壮司は自分でいいのか、本当にいいのだろうか、と繰り返し思ってしまう。この状態が一夜明けた今でも信じられない。
だからいまだに実感がわかないのだ。
平服に着替え、部屋を出た。早く目が覚めてしまったので朝食の時間には充分間に合う。行動するには早すぎるくらいだ。
それでもじっと落ち着いていることなどできなかった。
部屋から出て戸締まりをしていると、唐突に隣のドアが開いた。
タイミングがいいのか悪いのか――いや、今の巴にとっては悪いだろう。ちょうど隣の部屋から出てきた壮司と鉢合わせした。
「…………」
声が出ない。ある意味今、一番会いたくない相手だ。
「おはよう」
壮司も壮司で気まずげにあいさつをよこした。
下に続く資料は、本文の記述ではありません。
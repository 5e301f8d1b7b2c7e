-- ===== src/Schema.antt =====
-- coppermind/schema.py: the keys that a note's frontmatter carries and what they may hold. The values
-- and the schema are here; reading dates, tags, the checks and the edits are in the modules below.
pub mod Times
pub mod Tags
pub mod Checks
pub mod Edits
pub mod Changes
pub mod Defaults
pub mod Roles
mod Examples
use coppermind.Base.{
  ℕ, ◌≡◌, Bool, true, false, not, ◌&&◌, ◌||◌, Option, none, some, List, [], ◌∷◌, ◌++◌, all, ◌==◌,
  if◌then◌else◌,
}
use coppermind.Base.Texts.{Text, codes, eqb, is_empty, is_space, strip}
use coppermind.Base.Dict.{Dict, lookup, insert}
use coppermind.Base.Distinct.{member}
use coppermind.Base.Integers.{ℤ}
use coppermind.Base.Attempt.{Attempt, raises, ok, ◌>>=◌}
use coppermind.Naming.{Date}

-- A time of day, and a datetime, of which the source asks no more than whether it has an offset.
pub record Clock : Type 0 where
  pub hour : ℕ
  pub minute : ℕ
  pub second : ℕ
  pub microsecond : ℕ

pub record Moment : Type 0 where
  pub date : Date
  pub clock : Clock
  pub has_offset : Bool

-- An entry of a list: a text, a list or a mapping, which has no hash, or anything else; the last two
-- by the class of the values that are equal to it.
pub data Item : Type 0 where
  word : Text → Item
  thing : ℕ → Item
  nested : ℕ → Item

-- A value of a frontmatter mapping, by the classes that the module asks for.
pub data Value : Type 0 where
  null other : Value
  boolean : Bool → Value
  integer : ℤ → Value
  text : Text → Value
  items : List Item → Value
  day : Date → Value
  moment : Moment → Value

abbrev pub Frontmatter : Type 0
Frontmatter = Dict Value

abbrev get_or_null : Option Value → Value
get_or_null none = null
get_or_null (some v) = v

-- frontmatter.get(key)
unfoldable pub get : Text → Frontmatter → Value
get key fm = get_or_null (lookup key fm)

abbrev pub is_null : Value → Bool
is_null null = true
is_null v = false

abbrev pub same_item : Item → Item → Bool
same_item (word s) (word t) = eqb s t
same_item (thing m) (thing n) = m == n
same_item (nested m) (nested n) = m == n
same_item a b = false

-- KeyKind and TagMode
pub data KeyKind : Type 0 where
  string_kind int_kind date_kind bool_kind enum_kind list_kind : KeyKind

pub data TagMode : Type 0 where
  open_tags closed_tags : TagMode

-- A default of None is `null`.
pub record KeyDefinition : Type 0 where
  pub name : Text
  pub kind : KeyKind
  pub required : Bool
  pub default : Value
  pub vocabulary : List Text
  pub vocabulary_meanings : Dict Text
  pub required_when : Option Text
  pub required_when_values : List Text

pub record FrontmatterSchema : Type 0 where
  pub schema_version : ℤ
  pub keys : List KeyDefinition
  pub roles : Dict Text
  pub tags : Dict Text
  pub tag_aliases : Dict Text
  pub tag_mode : TagMode

-- What the validators and the lookups of a role raise, and the TypeError of a value without a hash.
pub data SchemaError : Type 0 where
  stray_meanings bad_tags alias_of_itself alias_is_listed alias_of_alias alias_is_refused :
      SchemaError
  missing_roles undefined_roles unhashable : SchemaError
  no_role : Text → SchemaError

-- text in texts
abbrev pub has_text : Text → List Text → Bool
has_text = member eqb

abbrev pub keys_of {ℓ} : {V : Type ℓ} → Dict V → List Text
keys_of [] = []
keys_of ((k, v) ∷ d) = k ∷ keys_of d

abbrev pub values_of : Dict Text → List Text
values_of [] = []
values_of ((k, v) ∷ d) = v ∷ values_of d

-- ROLE_NAMES
abbrev pub role_names : List Text
role_names =
    codes "id_key"
    ∷ codes "date_key"
    ∷ codes "type_key"
    ∷ codes "context_key"
    ∷ codes "account_key"
    ∷ codes "reviewed_key"
    ∷ codes "sources_key"
    ∷ codes "tags_key"
    ∷ codes "schema_version_key"
    ∷ []

-- `role` and `optional_role`, the latter for the two roles of OPTIONAL_ROLES with the key shipped
pub role_from : Text → Option Text → Attempt SchemaError Text
role_from name none = raises (no_role name)
role_from name (some key) = ok key

unfoldable pub role : FrontmatterSchema → Text → Attempt SchemaError Text
unfolding role_from
role s name = role_from name (lookup name s.roles)

abbrev or_shipped : Option Text → Text → Text
or_shipped none shipped = shipped
or_shipped (some key) shipped = key

unfoldable pub kind_key : FrontmatterSchema → Text
kind_key s = or_shipped (lookup (codes "kind_key") s.roles) (codes "kind")

unfoldable pub artifacts_key : FrontmatterSchema → Text
artifacts_key s = or_shipped (lookup (codes "artifacts_key") s.roles) (codes "artifacts")

-- The values that a kind key may hold: NOTE_KIND and ARTIFACT_KIND. `kind_problem` refuses a note
-- that says it is an artifact.
unfoldable pub says_artifact : Value → Bool
says_artifact (text s) = eqb s (codes "artifact")
says_artifact v = false

unfoldable pub kind_problem : FrontmatterSchema → Frontmatter → Bool
unfolding says_artifact get kind_key
kind_problem s fm = says_artifact (get (kind_key s) fm)

-- The loop of `defaults`.
abbrev with_default : KeyDefinition → Frontmatter → Frontmatter
with_default d out = if is_null d.default then out else insert d.name d.default out

pub defaults_onto : Frontmatter → List KeyDefinition → Frontmatter
defaults_onto out [] = out
defaults_onto out (d ∷ keys) = defaults_onto (with_default d out) keys

unfoldable pub defaults : FrontmatterSchema → Frontmatter
unfolding defaults_onto insert
defaults s = defaults_onto [] s.keys

-- KeyDefinition.validate_meanings
unfoldable pub meanings_known : KeyDefinition → Bool
meanings_known d = no_stray (keys_of d.vocabulary_meanings)
  where
    no_stray : List Text → Bool
    no_stray [] = true
    no_stray (v ∷ values) = has_text v d.vocabulary && no_stray values

-- TAG_PATTERN.fullmatch
abbrev is_tag_char : ℕ → Bool
is_tag_char c = not (is_space c) && not (c == b',')

unfoldable pub is_tag : Text → Bool
is_tag [] = false
is_tag (c ∷ s) = is_tag_char c && not (c == b'#') && all is_tag_char s

abbrev pub is_closed : TagMode → Bool
is_closed open_tags = false
is_closed closed_tags = true

-- The four tests that validate_tags makes of an alias.
unfoldable pub check_alias : FrontmatterSchema → Text → Text → Attempt SchemaError (Unit {0})
check_alias s alias canonical =
    if eqb alias canonical
    then raises alias_of_itself
    else if has_text alias (keys_of s.tags)
    then raises alias_is_listed
    else if has_text canonical (keys_of s.tag_aliases)
    then raises alias_of_alias
    else if is_closed s.tag_mode && not (has_text canonical (keys_of s.tags))
    then raises alias_is_refused
    else ok tt

pub check_aliases : FrontmatterSchema → Dict Text → Attempt SchemaError (Unit {0})
unfolding check_alias
check_aliases s [] = ok tt
check_aliases s ((alias, canonical) ∷ aliases) = do
  checked ← check_alias s alias canonical
  check_aliases s aliases

-- FrontmatterSchema.validate_tags
unfoldable pub validate_tags : FrontmatterSchema → Attempt SchemaError (Unit {0})
unfolding is_tag check_aliases
validate_tags s =
    if all is_tag (keys_of s.tags ++ keys_of s.tag_aliases) && all is_tag (values_of s.tag_aliases)
    then check_aliases s s.tag_aliases
    else raises bad_tags

abbrev pub names_of : List KeyDefinition → List Text
names_of [] = []
names_of (d ∷ keys) = d.name ∷ names_of keys

-- self.roles[role] in key_names
abbrev pub names_key : List Text → Option Text → Bool
names_key names none = false
names_key names (some key) = has_text key names

-- FrontmatterSchema.validate_roles
unfoldable pub validate_roles : FrontmatterSchema → Attempt SchemaError (Unit {0})
unfolding lookup
validate_roles s =
    if not (all (λ r. has_text r (keys_of s.roles)) role_names)
    then raises missing_roles
    else if not (all (λ r. names_key (names_of s.keys) (lookup r s.roles)) role_names)
    then raises undefined_roles
    else ok tt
視線が微妙にこちらからはずれている。
「……おはよう」
間を置きつつも平静を装って返した。
一体どのように接すればいいのだろう。幼なじみでも許婚でもない普通の恋人同士になったわけだが、“普通の恋人”とはどのようなものなのか。
巴は片思い中の人間ならば誰しもがやる“もしも”の想像をしたことがない。もしも彼とつきあうことになったなら、そういう甘い想像は巴にとって妄想と切って捨てられるものだった。
身近にいる彼氏彼女の例が芙美花と健一郎だが、彼らは人前であまりふたりの世界にひたることをしない。まわりとの調和をうまくはかっていた。
「……朝飯食いに行くか」
気まずい沈黙を打ち破り、壮司が提案する。巴はそれにうなずくしかなかった。
歩きながら、何か話題を探そうとして気づく。壮司と最後に他愛ない話をしたのはいつだったかと。
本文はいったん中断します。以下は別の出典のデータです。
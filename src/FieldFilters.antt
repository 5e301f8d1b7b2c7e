-- ===== src/FieldFilters.antt =====
-- coppermind/field_filters.py: the filters on metadata that a query may carry, checked against the schema.
pub mod Order
pub mod Ranges
pub mod Accepted
mod Examples
use coppermind.Base.{
  ℕ, Bool, true, false, not, ◌&&◌, ◌||◌, Option, none, some, List, [], ◌∷◌, ◌++◌, length, ltb, ◌==◌,
  all, if◌then◌else◌,
}
use coppermind.Base.Texts.{precedes, Text, codes, eqb, is_empty}
use coppermind.Base.Dict.{Dict, lookup, insert}
use coppermind.Base.Attempt.{Attempt, raises, ok, ◌>>=◌}
use coppermind.Schema.{
  Value, null, boolean, integer, text, KeyKind, string_kind, int_kind, date_kind, bool_kind,
  enum_kind, list_kind, KeyDefinition, FrontmatterSchema, has_text,
}

pub data Op : Type 0 where
  equals contains at_least at_most : Op

-- FieldClause
pub record FieldClause : Type 0 where
  pub field : Text
  pub op : Op
  pub value : Value

-- The ValueErrors, with the field that they name.
pub data FilterError : Type 0 where
  too_long malformed null_value : FilterError
  not_declared bad_operator bad_value crossed : Text → FilterError

-- The bounds of a date field: the entries "gte" and "lte" of its dict.
pub record Bounds : Type 0 where
  pub gte : Option Text
  pub lte : Option Text

-- {key.name: key for key in schema.keys}.get(field): the last key of that name
unfoldable pub definition_of : Text → List KeyDefinition → Option KeyDefinition
definition_of field [] = none
definition_of field (d ∷ keys) = elim (definition_of field keys) [
  | some later ↦ some later
  | none ↦ if eqb d.name field then some d else none
]

-- The operators of a kind of key.
unfoldable pub is_operator : KeyKind → Op → Bool
is_operator list_kind contains = true
is_operator list_kind op = false
is_operator date_kind contains = false
is_operator date_kind op = true
is_operator k equals = true
is_operator k op = false

abbrev pub is_date_kind : KeyKind → Bool
is_date_kind date_kind = true
is_date_kind k = false

-- clause.op in {"gte", "lte"}
abbrev pub is_bound : Op → Bool
is_bound at_least = true
is_bound at_most = true
is_bound op = false

-- The vocabulary of an enum key, where it has one.
in_vocabulary : List Text → Text → Bool
in_vocabulary [] s = true
in_vocabulary (v ∷ vocabulary) s = has_text s (v ∷ vocabulary)

abbrev pub or_text : Option Text → Text → Text
or_text none s = s
or_text (some t) s = t

-- max and min, of which the first of two equal texts is the same
abbrev pub later : Text → Text → Text
later s t = if precedes s t then t else s

abbrev pub earlier : Text → Text → Text
earlier s t = if precedes t s then t else s

abbrev no_bounds : Bounds
no_bounds = record { gte = none; lte = none }

abbrev pub bounds_or : Option Bounds → Bounds
bounds_or none = no_bounds
bounds_or (some b) = b

-- `raw` is parsed by json and pydantic, without the limits below: `none` is any of the errors that end
-- the parsing.
pub record Parser : Type 0 where
  -- len(quote(raw, safe="").encode())
  pub quoted_length : Text → ℕ
  pub clauses : Text → Option (List FieldClause)
  -- date.fromisoformat(value).isoformat() == value
  pub is_day : Text → Bool

unfoldable pub has_null : List FieldClause → Bool
has_null [] = false
has_null (c ∷ clauses) = elim c.value [ null ↦ true | _ ↦ has_null clauses ]

not_null : List FieldClause → Attempt FilterError (List FieldClause)
unfolding has_null
not_null clauses = if has_null clauses then raises null_value else ok clauses

-- The limits that FieldFilter and FieldClause set: 1 to 20 clauses, and 1 to 200 characters of a field.
unfoldable pub fields_fit : List FieldClause → Bool
fields_fit [] = true
fields_fit (c ∷ clauses) =
    not (is_empty c.field) && not (ltb 200 (length c.field)) && fields_fit clauses

unfoldable pub fits : List FieldClause → Bool
unfolding fields_fit
fits [] = false
fits (c ∷ clauses) = not (ltb 20 (length (c ∷ clauses))) && fields_fit (c ∷ clauses)

parsed : Option (List FieldClause) → Attempt FilterError (List FieldClause)
unfolding not_null fits
parsed none = raises malformed
parsed (some clauses) = if fits clauses then not_null clauses else raises malformed

module _ (parser : Parser) where
  open parser use {is_day}

  unfoldable pub parse_filter : Text → Attempt FilterError (List FieldClause)
  unfolding parsed
  parse_filter raw =
      if ltb 8192 (Parser.quoted_length parser raw)
      then raises too_long
      else parsed (Parser.clauses parser raw)

  -- Whether a value is one of the kind, without coercion.
  unfoldable pub is_valid : KeyDefinition → KeyKind → Value → Bool
  unfolding in_vocabulary
  is_valid d string_kind (text s) = true
  is_valid d enum_kind (text s) = in_vocabulary d.vocabulary s
  is_valid d date_kind (text s) = is_day s
  is_valid d bool_kind (boolean b) = true
  is_valid d int_kind (integer n) = true
  is_valid d list_kind v = true
  is_valid d k v = false

  -- The bounds of a field with one clause more.
  unfoldable pub narrowed : Op → Text → Bounds → Bounds
  unfolding precedes
  narrowed at_least s b = record b { gte = some (later (or_text b.gte s) s) }
  narrowed at_most s b = record b { lte = some (earlier (or_text b.lte s) s) }
  narrowed op s b = b

  add_bound : FieldClause → Value → Dict Bounds → Dict Bounds
  unfolding narrowed lookup insert
  add_bound c (text s) ranges =
      insert c.field (narrowed c.op s (bounds_or (lookup c.field ranges))) ranges
  add_bound c v ranges = ranges

  -- The ranges after a clause whose field is declared so.
  unfoldable pub check_clause :
      KeyDefinition → FieldClause → Dict Bounds → Attempt FilterError (Dict Bounds)
  unfolding is_operator is_valid add_bound
  check_clause d c ranges =
      if not (is_operator d.kind c.op)
      then raises (bad_operator c.field)
      else if not (is_valid d d.kind c.value)
      then raises (bad_value c.field)
      else if is_date_kind d.kind && is_bound c.op
      then ok (add_bound c c.value ranges)
      else ok ranges

  check_declared :
      Option KeyDefinition → FieldClause → Dict Bounds → Attempt FilterError (Dict Bounds)
  unfolding check_clause
  check_declared none c ranges = raises (not_declared c.field)
  check_declared (some d) c ranges = check_clause d c ranges

  -- The loop over the clauses.
  unfoldable pub check_clauses :
      List KeyDefinition → List FieldClause → Dict Bounds → Attempt FilterError (Dict Bounds)
  unfolding check_declared definition_of
  check_clauses keys [] ranges = ok ranges
  check_clauses keys (c ∷ clauses) ranges = do
    narrower ← check_declared (definition_of c.field keys) c ranges
    check_clauses keys clauses narrower

  -- bounds.get("gte", "") > bounds.get("lte", "9999-12-31")
  unfoldable pub is_crossed : Bounds → Bool
  unfolding precedes
  is_crossed b = precedes (or_text b.lte (codes "9999-12-31")) (or_text b.gte [])

  unfoldable pub check_ranges : Dict Bounds → Attempt FilterError (Unit {0})
  unfolding is_crossed
  check_ranges [] = ok tt
  check_ranges ((field, b) ∷ ranges) =
      let rest = check_ranges ranges in if is_crossed b then raises (crossed field) else rest

  -- `validate_filter`
  unfoldable pub validate_filter : Text → FrontmatterSchema → Attempt FilterError (List FieldClause)
  unfolding parse_filter check_clauses check_ranges
  validate_filter raw s = do
    clauses ← parse_filter raw
    ranges ← check_clauses s.keys clauses []
    checked ← check_ranges ranges
    ok clauses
関係が崩壊してから、壮司とする話といえば、固い顔を突き合わせてする類のものばかりだった。
あのときはもう、壮司と笑いあうことなどないと思っていた。昨日の朝だってそう思っていた。
それが今、こうして隣を歩いている。自分を望んでくれている。不思議な感じがして壮司を横目で見上げた。
「どうした?」
ばっちりと目があった。とっさに「別に」とそっけない返事が口をつく。私はどこの小娘だと呆れた。
食堂は日曜にもかかわらずあわただしかった。主に部活組が朝食をかきこみ、午前の練習へ向かうところのようだ。
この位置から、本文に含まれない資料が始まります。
-- ===== src/FieldFilters/Order.antt =====
-- The order of Python's str on the lists of its code points.
use coppermind.Base.{◌≡◌, true, false, [], ◌∷◌, arith, refl, Bool-cases, inl, inr}
use coppermind.Base.Texts.{precedes, Text}
use coppermind.FieldFilters.{later, earlier}

-- s <= t
unfoldable pub AtMost : Text → Text → Type 0
AtMost s t = precedes t s ≡ false

pub AtMost-trans : (s t u : Text) → AtMost s t → AtMost t u → AtMost s u
unfolding AtMost precedes
AtMost-trans [] t u h k = cc
AtMost-trans (c ∷ s) [] u h k = cc h
AtMost-trans (c ∷ s) (d ∷ t) [] h k = cc k
AtMost-trans (c ∷ s) (d ∷ t) (e ∷ u) h k = ground (arith, AtMost-trans s t u)

pub AtMost-refl : (s : Text) → AtMost s s
unfolding AtMost precedes
AtMost-refl [] = refl
AtMost-refl (c ∷ s) = ground (arith, AtMost-refl s)

precedes-AtMost : (s t : Text) → precedes s t ≡ true → AtMost s t
unfolding AtMost precedes
precedes-AtMost [] t h = refl
precedes-AtMost (c ∷ s) [] h = cc h
precedes-AtMost (c ∷ s) (d ∷ t) h = ground (arith, precedes-AtMost s t)

-- The later of two texts is at least each of them, and the earlier at most each.
pub AtMost-later : (s t : Text) → AtMost s (later s t) × AtMost t (later s t)
AtMost-later s t = elim (Bool-cases (precedes s t)) [
  | inl h ↦ rw h (precedes-AtMost s t h, AtMost-refl t)
  | inr h ↦ rw h (AtMost-refl s, unfold AtMost in h)
]

pub AtMost-earlier : (s t : Text) → AtMost (earlier s t) s × AtMost (earlier s t) t
AtMost-earlier s t = elim (Bool-cases (precedes t s)) [
  | inl h ↦ rw h (precedes-AtMost t s h, AtMost-refl t)
  | inr h ↦ rw h (AtMost-refl s, unfold AtMost in h)
]
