-- ===== src/FieldFilters/Ranges.antt =====
-- The bounds that coppermind/field_filters.py records of the date fields, and how a clause tightens them.
use coppermind.Base.{
  ◌≡◌, refl, sym, ◌∙◌, ap, subst, inl, inr, true, false, Option, some, Bool-cases,
}
use coppermind.Base.Texts.{Text, eqb, eqb_sound, eqb_refl}
use coppermind.Base.Dict.{Dict, lookup, insert, lookup-insert}
use coppermind.Schema.{text}
use coppermind.FieldFilters.{
  Op, equals, contains, at_least, at_most, FieldClause, Bounds, or_text, bounds_or, later, earlier,
  Parser, narrowed,
}
use coppermind.FieldFilters.Order.{AtMost, AtMost-refl, AtMost-trans, AtMost-later, AtMost-earlier}

-- The two bounds that are recorded for a field.
abbrev pub lower : Text → Dict Bounds → Option Text
lower field ranges = (bounds_or (lookup field ranges)).gte

abbrev pub upper : Text → Dict Bounds → Option Text
upper field ranges = (bounds_or (lookup field ranges)).lte

-- A bound that is there is still there, and as tight.
pub record Narrows (before after : Dict Bounds) : Type 0 where
  pub lower_up :
      (f g : Text) → lower f before ≡ some g → (h : Text) × (lower f after ≡ some h) × AtMost g h
  pub upper_down :
      (f g : Text) → upper f before ≡ some g → (h : Text) × (upper f after ≡ some h) × AtMost h g

pub Narrows-refl : (ranges : Dict Bounds) → Narrows ranges ranges
Narrows-refl ranges = record {
  lower_up = λ f g e. (g, e, AtMost-refl g);
  upper_down = λ f g e. (g, e, AtMost-refl g);
}

-- The recorded bounds are as tight as a clause asks for.
pub record Covers (ranges : Dict Bounds) (c : FieldClause) : Type 0 where
  pub low :
      (s : Text)
      → c.op ≡ at_least
      → c.value ≡ text s
      → (g : Text) × (lower c.field ranges ≡ some g) × AtMost s g
  pub high :
      (s : Text)
      → c.op ≡ at_most
      → c.value ≡ text s
      → (g : Text) × (upper c.field ranges ≡ some g) × AtMost g s

pub Covers-narrow :
    (before after : Dict Bounds) (c : FieldClause)
    → Narrows before after
    → Covers before c
    → Covers after c
Covers-narrow before after c n k = record {
  low = λ s o v.
      let (g, e, m) = k.low s o v in
      let (h, f, l) = n.lower_up c.field g e in (h, f, AtMost-trans s g h m l);
  high = λ s o v.
      let (g, e, m) = k.high s o v in
      let (h, f, l) = n.upper_down c.field g e in (h, f, AtMost-trans h g s l m);
}

module _ (parser : Parser) where
  narrowed-lower :
      (op : Op) (s g : Text) (b : Bounds)
      → b.gte ≡ some g
      → (h : Text) × ((narrowed parser op s b).gte ≡ some h) × AtMost g h
  unfolding narrowed
  narrowed-lower at_least s g b e = (later g s, rw e refl, (AtMost-later g s).0)
  narrowed-lower at_most s g b e = (g, e, AtMost-refl g)
  narrowed-lower equals s g b e = (g, e, AtMost-refl g)
  narrowed-lower contains s g b e = (g, e, AtMost-refl g)

  narrowed-upper :
      (op : Op) (s g : Text) (b : Bounds)
      → b.lte ≡ some g
      → (h : Text) × ((narrowed parser op s b).lte ≡ some h) × AtMost h g
  unfolding narrowed
  narrowed-upper at_most s g b e = (earlier g s, rw e refl, (AtMost-earlier g s).0)
  narrowed-upper at_least s g b e = (g, e, AtMost-refl g)
  narrowed-upper equals s g b e = (g, e, AtMost-refl g)
  narrowed-upper contains s g b e = (g, e, AtMost-refl g)

  -- A clause that is taken into the ranges.
  unfoldable pub narrowed_at : FieldClause → Text → Dict Bounds → Dict Bounds
  narrowed_at c s ranges =
      insert c.field (narrowed parser c.op s (bounds_or (lookup c.field ranges))) ranges

  lookup-narrowed_at :
      (c : FieldClause) (s f : Text) (ranges : Dict Bounds)
      → eqb c.field f ≡ true
      → lookup f (narrowed_at c s ranges)
        ≡ some (narrowed parser c.op s (bounds_or (lookup f ranges)))
  unfolding narrowed_at
  lookup-narrowed_at c s f ranges e =
      lookup-insert c.field f _ ranges
      ∙ rw e (
          ap (λ x. some (narrowed parser c.op s (bounds_or (lookup x ranges))))
            (eqb_sound c.field f e))

  lookup-other :
      (c : FieldClause) (s f : Text) (ranges : Dict Bounds)
      → eqb c.field f ≡ false
      → lookup f (narrowed_at c s ranges) ≡ lookup f ranges
  unfolding narrowed_at
  lookup-other c s f ranges n = lookup-insert c.field f _ ranges ∙ rw n refl

  pub narrowed_at-Narrows :
      (c : FieldClause) (s : Text) (ranges : Dict Bounds) → Narrows ranges (narrowed_at c s ranges)
  narrowed_at-Narrows c s ranges = record {
    lower_up = λ f g e. elim (Bool-cases (eqb c.field f)) [
      | inl n ↦
          let (h, k, m) = narrowed-lower c.op s g (bounds_or (lookup f ranges)) e in
          (h, ap (λ o. (bounds_or o).gte) (lookup-narrowed_at c s f ranges n) ∙ k, m)
      | inr n ↦ (g, ap (λ o. (bounds_or o).gte) (lookup-other c s f ranges n) ∙ e, AtMost-refl g)
    ];
    upper_down = λ f g e. elim (Bool-cases (eqb c.field f)) [
      | inl n ↦
          let (h, k, m) = narrowed-upper c.op s g (bounds_or (lookup f ranges)) e in
          (h, ap (λ o. (bounds_or o).lte) (lookup-narrowed_at c s f ranges n) ∙ k, m)
      | inr n ↦ (g, ap (λ o. (bounds_or o).lte) (lookup-other c s f ranges n) ∙ e, AtMost-refl g)
    ];
  }

  narrowed-low :
      (op : Op) (s : Text) (b : Bounds)
      → op ≡ at_least
      → (g : Text) × ((narrowed parser op s b).gte ≡ some g) × AtMost s g
  unfolding narrowed
  narrowed-low at_least s b e =
      (later (or_text b.gte s) s, refl, (AtMost-later (or_text b.gte s) s).1)
  narrowed-low at_most s b e = cc e
  narrowed-low equals s b e = cc e
  narrowed-low contains s b e = cc e

  narrowed-high :
      (op : Op) (s : Text) (b : Bounds)
      → op ≡ at_most
      → (g : Text) × ((narrowed parser op s b).lte ≡ some g) × AtMost g s
  unfolding narrowed
  narrowed-high at_most s b e =
      (earlier (or_text b.lte s) s, refl, (AtMost-earlier (or_text b.lte s) s).1)
  narrowed-high at_least s b e = cc e
  narrowed-high equals s b e = cc e
  narrowed-high contains s b e = cc e

  text-injective : (s t : Text) → text s ≡ text t → s ≡ t
  text-injective s t e = cc e

  pub narrowed_at-Covers :
      (c : FieldClause) (s : Text) (ranges : Dict Bounds)
      → c.value ≡ text s
      → Covers (narrowed_at c s ranges) c
  narrowed_at-Covers c s ranges v = record {
    low = λ t o w.
        let (g, e, m) = narrowed-low c.op s (bounds_or (lookup c.field ranges)) o in
        (
          g,
          ap (λ b. (bounds_or b).gte) (lookup-narrowed_at c s c.field ranges (eqb_refl c.field))
              ∙ e,
          subst (λ x. AtMost x g) (text-injective s t (sym v ∙ w)) m,
        );
    high = λ t o w.
        let (g, e, m) = narrowed-high c.op s (bounds_or (lookup c.field ranges)) o in
        (
          g,
          ap (λ b. (bounds_or b).lte) (lookup-narrowed_at c s c.field ranges (eqb_refl c.field))
              ∙ e,
          subst (λ x. AtMost g x) (text-injective s t (sym v ∙ w)) m,
        );
  }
昼とは違い、朝のメニューは一種類だ。定食の他にもパンが売っているが、巴は古賀家の習慣で朝食もきちんと食べる。巴がそうならもちろん壮司もだった。
食券を買おうと券売機に近づくと、前で並んでいた人物が振り向く。
またもや最高にタイミングが悪い。由貴也だった。
由貴也は驚いた様子もなく淡白に、しかしすばやく巴と壮司の頭の上から足の爪の先まで観察した。
「……へぇ。そういうこと」
納得したように由貴也はつぶやく。感情がこもってない声はいつものことなのに、今は過剰に反応してしまう。
壮司に引き止められなかったら、今頃巴は遠く離れた地で転入試験を受けていたはずだ。それが現在、ここにいるということは、壮司がなんらかのリアクションを起こしたということで――由貴也にはそれがお見通しだろう。
彼は笑った。毒を吐こうとする意地の悪い笑顔だった。
「壮司さん。あの人たちにお膳立てしてもらって、自分はそこに乗っかるだけですか。いいご身分ですね」
由貴也はとうにすべてを把握していた。『あの人たち』とはおそらく芙美花と健一郎を指す。確かに今回は彼らに助けられた面が多いにある。
「由貴也!」
何かと壮司につっかかる由貴也をとがめる声を上げる。しかし、壮司に無言で制された。
「まったく。返す言葉もねえな」
壮司の声には降参するような響きがあった。だが、由貴也の言を認めながら壮司にはそれを受け入れるだけの落ち着きがあるように見えた。敗北を恥としないだけの余裕があった。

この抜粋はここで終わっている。